## Required work:
Every line from the one with "(ground arith) refl)" to the one with "(return_local_step 64 (e.sign", including those two, is to be copied exactly; all other lines of the entries below are left out.

## Data to examine:
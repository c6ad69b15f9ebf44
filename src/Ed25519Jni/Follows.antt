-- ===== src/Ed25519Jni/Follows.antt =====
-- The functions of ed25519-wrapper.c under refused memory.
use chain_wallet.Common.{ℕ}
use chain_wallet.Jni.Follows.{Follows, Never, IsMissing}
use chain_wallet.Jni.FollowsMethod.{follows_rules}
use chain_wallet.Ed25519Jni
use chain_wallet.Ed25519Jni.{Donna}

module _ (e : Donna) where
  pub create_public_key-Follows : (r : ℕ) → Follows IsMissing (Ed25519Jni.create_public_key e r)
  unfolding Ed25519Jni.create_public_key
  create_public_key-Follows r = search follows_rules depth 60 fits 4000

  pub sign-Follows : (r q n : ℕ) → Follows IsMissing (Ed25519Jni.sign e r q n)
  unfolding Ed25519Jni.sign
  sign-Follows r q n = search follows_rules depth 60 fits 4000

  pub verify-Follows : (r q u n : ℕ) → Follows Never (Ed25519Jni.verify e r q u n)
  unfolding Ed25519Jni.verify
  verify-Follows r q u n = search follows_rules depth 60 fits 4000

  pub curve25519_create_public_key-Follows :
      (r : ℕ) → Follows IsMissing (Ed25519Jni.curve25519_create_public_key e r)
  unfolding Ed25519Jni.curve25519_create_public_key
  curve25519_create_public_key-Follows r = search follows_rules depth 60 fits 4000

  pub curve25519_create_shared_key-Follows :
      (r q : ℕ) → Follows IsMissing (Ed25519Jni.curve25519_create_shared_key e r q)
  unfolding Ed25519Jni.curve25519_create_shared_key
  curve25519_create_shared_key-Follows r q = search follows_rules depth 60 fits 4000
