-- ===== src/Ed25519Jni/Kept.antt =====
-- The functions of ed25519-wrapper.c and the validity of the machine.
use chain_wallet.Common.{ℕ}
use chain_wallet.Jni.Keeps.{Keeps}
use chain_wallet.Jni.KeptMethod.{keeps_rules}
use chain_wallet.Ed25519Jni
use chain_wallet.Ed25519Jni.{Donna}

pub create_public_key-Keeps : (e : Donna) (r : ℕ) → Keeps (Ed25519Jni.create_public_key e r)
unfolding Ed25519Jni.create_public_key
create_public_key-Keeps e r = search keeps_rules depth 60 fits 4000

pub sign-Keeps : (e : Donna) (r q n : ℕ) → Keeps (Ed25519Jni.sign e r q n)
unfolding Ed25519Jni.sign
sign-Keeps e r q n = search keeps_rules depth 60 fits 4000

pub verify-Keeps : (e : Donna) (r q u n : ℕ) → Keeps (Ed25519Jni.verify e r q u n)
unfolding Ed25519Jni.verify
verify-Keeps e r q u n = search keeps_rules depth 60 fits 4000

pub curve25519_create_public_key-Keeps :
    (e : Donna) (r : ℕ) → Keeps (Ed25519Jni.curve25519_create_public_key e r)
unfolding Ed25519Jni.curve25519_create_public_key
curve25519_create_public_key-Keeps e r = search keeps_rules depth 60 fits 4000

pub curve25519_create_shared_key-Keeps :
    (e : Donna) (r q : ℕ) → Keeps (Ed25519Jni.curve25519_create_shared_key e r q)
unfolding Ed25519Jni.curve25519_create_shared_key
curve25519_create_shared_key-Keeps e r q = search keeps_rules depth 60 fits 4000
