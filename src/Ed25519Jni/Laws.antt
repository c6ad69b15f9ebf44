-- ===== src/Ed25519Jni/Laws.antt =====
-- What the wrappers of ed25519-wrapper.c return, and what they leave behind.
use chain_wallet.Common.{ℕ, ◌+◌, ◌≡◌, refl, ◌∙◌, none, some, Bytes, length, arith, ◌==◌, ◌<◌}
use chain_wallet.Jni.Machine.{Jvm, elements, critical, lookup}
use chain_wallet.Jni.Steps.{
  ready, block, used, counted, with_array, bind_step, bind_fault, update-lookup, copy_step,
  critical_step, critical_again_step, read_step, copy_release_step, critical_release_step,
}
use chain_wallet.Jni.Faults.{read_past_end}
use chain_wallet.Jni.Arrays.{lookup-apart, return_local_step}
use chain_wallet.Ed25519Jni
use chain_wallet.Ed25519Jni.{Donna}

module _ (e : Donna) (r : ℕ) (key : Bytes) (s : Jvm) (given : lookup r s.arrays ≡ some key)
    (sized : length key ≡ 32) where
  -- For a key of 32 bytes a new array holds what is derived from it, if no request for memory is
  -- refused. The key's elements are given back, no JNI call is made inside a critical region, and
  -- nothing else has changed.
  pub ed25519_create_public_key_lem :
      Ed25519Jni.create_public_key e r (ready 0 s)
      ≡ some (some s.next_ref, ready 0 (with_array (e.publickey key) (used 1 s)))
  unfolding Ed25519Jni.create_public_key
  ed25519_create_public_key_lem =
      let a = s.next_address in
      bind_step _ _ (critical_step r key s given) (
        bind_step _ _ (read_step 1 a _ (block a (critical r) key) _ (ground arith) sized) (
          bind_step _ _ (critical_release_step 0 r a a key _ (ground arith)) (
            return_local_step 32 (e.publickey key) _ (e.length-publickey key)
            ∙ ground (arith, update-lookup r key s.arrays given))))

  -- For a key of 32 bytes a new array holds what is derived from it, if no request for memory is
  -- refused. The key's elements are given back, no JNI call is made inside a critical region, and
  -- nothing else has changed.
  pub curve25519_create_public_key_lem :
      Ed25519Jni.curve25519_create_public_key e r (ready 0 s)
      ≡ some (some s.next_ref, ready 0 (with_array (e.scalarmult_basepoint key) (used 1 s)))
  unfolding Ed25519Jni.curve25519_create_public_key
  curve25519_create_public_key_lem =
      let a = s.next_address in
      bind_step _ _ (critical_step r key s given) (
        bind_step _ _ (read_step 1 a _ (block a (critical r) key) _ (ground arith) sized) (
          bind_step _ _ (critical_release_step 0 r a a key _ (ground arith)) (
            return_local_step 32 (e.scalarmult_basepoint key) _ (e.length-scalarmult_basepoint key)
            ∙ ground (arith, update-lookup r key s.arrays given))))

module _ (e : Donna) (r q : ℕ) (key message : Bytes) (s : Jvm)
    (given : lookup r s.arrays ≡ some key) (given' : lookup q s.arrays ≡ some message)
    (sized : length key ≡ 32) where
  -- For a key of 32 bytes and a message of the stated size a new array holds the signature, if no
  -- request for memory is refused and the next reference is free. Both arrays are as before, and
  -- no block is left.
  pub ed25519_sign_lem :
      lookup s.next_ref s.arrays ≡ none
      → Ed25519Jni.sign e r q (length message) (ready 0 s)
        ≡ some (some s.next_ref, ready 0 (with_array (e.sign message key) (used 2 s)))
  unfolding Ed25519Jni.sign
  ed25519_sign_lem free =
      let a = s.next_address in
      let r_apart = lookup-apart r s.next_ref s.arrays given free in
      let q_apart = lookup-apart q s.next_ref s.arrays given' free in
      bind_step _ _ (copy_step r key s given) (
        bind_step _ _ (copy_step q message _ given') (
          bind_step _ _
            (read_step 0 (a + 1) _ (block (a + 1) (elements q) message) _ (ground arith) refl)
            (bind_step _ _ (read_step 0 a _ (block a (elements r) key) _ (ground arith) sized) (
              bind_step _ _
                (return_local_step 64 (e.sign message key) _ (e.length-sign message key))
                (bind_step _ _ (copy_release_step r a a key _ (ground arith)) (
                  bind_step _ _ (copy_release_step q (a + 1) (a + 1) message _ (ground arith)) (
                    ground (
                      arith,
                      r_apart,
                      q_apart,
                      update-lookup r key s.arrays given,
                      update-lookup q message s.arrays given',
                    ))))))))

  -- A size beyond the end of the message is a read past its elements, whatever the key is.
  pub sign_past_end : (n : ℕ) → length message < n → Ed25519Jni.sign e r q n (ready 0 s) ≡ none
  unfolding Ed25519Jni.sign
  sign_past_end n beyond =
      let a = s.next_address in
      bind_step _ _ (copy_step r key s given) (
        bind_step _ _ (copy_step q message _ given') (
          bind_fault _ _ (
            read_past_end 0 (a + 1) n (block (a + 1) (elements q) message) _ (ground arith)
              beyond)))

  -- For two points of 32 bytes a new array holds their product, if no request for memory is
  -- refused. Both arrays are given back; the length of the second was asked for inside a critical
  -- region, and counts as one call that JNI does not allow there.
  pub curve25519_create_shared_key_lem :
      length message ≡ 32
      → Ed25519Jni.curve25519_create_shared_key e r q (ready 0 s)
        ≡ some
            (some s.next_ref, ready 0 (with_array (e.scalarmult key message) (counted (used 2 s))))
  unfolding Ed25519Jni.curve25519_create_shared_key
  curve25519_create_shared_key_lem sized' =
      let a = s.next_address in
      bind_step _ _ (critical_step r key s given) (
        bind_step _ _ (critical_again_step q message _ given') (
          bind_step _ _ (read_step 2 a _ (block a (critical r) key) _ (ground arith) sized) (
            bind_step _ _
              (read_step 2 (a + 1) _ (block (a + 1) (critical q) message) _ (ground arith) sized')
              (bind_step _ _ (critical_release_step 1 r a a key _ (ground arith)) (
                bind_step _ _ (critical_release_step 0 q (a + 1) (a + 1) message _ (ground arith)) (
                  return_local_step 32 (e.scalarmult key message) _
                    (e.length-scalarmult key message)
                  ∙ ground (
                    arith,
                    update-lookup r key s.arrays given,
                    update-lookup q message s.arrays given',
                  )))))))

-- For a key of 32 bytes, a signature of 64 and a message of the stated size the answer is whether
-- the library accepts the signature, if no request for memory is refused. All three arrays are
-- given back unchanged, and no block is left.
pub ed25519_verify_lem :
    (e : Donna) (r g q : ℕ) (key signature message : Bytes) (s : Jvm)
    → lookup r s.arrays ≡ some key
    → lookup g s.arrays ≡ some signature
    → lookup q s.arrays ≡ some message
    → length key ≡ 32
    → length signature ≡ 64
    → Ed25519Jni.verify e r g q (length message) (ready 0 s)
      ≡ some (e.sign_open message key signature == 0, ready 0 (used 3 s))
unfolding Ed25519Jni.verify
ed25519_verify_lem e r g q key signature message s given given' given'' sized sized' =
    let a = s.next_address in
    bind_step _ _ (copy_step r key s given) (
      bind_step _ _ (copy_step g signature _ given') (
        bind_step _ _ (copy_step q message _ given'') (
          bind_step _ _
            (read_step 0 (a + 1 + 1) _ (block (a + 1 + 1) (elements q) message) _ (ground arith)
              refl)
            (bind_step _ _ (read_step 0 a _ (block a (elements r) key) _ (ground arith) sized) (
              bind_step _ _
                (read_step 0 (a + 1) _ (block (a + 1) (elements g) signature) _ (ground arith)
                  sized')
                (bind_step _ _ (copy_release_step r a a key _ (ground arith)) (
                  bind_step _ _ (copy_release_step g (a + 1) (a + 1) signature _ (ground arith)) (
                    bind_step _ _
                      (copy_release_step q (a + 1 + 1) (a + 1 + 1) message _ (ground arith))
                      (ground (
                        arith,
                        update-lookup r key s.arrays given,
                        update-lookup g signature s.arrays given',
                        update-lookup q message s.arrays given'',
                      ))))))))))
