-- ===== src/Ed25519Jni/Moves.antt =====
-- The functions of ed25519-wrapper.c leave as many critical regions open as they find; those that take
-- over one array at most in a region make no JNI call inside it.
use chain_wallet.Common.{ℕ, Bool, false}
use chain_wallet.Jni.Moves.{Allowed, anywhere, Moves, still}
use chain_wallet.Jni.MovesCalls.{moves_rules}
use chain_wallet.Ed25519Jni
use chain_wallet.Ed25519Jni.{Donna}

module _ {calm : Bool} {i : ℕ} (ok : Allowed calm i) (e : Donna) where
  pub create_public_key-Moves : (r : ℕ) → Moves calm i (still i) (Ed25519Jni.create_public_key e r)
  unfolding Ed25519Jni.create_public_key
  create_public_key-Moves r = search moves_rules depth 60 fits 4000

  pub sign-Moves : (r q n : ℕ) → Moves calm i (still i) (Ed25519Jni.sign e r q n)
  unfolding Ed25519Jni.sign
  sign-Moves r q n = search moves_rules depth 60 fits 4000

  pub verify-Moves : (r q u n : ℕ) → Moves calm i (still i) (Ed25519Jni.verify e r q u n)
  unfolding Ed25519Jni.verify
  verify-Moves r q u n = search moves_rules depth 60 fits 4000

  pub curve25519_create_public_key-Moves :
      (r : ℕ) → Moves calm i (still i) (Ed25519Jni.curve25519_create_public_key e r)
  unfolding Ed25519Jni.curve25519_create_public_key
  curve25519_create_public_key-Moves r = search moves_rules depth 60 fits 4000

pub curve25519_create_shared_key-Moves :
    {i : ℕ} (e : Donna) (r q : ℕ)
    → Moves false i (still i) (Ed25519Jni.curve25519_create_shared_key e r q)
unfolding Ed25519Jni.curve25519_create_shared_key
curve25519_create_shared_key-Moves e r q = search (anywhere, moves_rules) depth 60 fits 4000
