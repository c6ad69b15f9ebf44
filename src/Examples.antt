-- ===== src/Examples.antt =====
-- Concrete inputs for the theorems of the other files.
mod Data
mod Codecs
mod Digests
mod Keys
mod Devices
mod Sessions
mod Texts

## Expected output:
            (read_step 0 (a + 1) _ (block (a + 1) (elements q) message) _ (ground arith) refl)
            (bind_step _ _ (read_step 0 a _ (block a (elements r) key) _ (ground arith) sized) (
              bind_step _ _
                (return_local_step 64 (e.sign message key) _ (e.length-sign message key))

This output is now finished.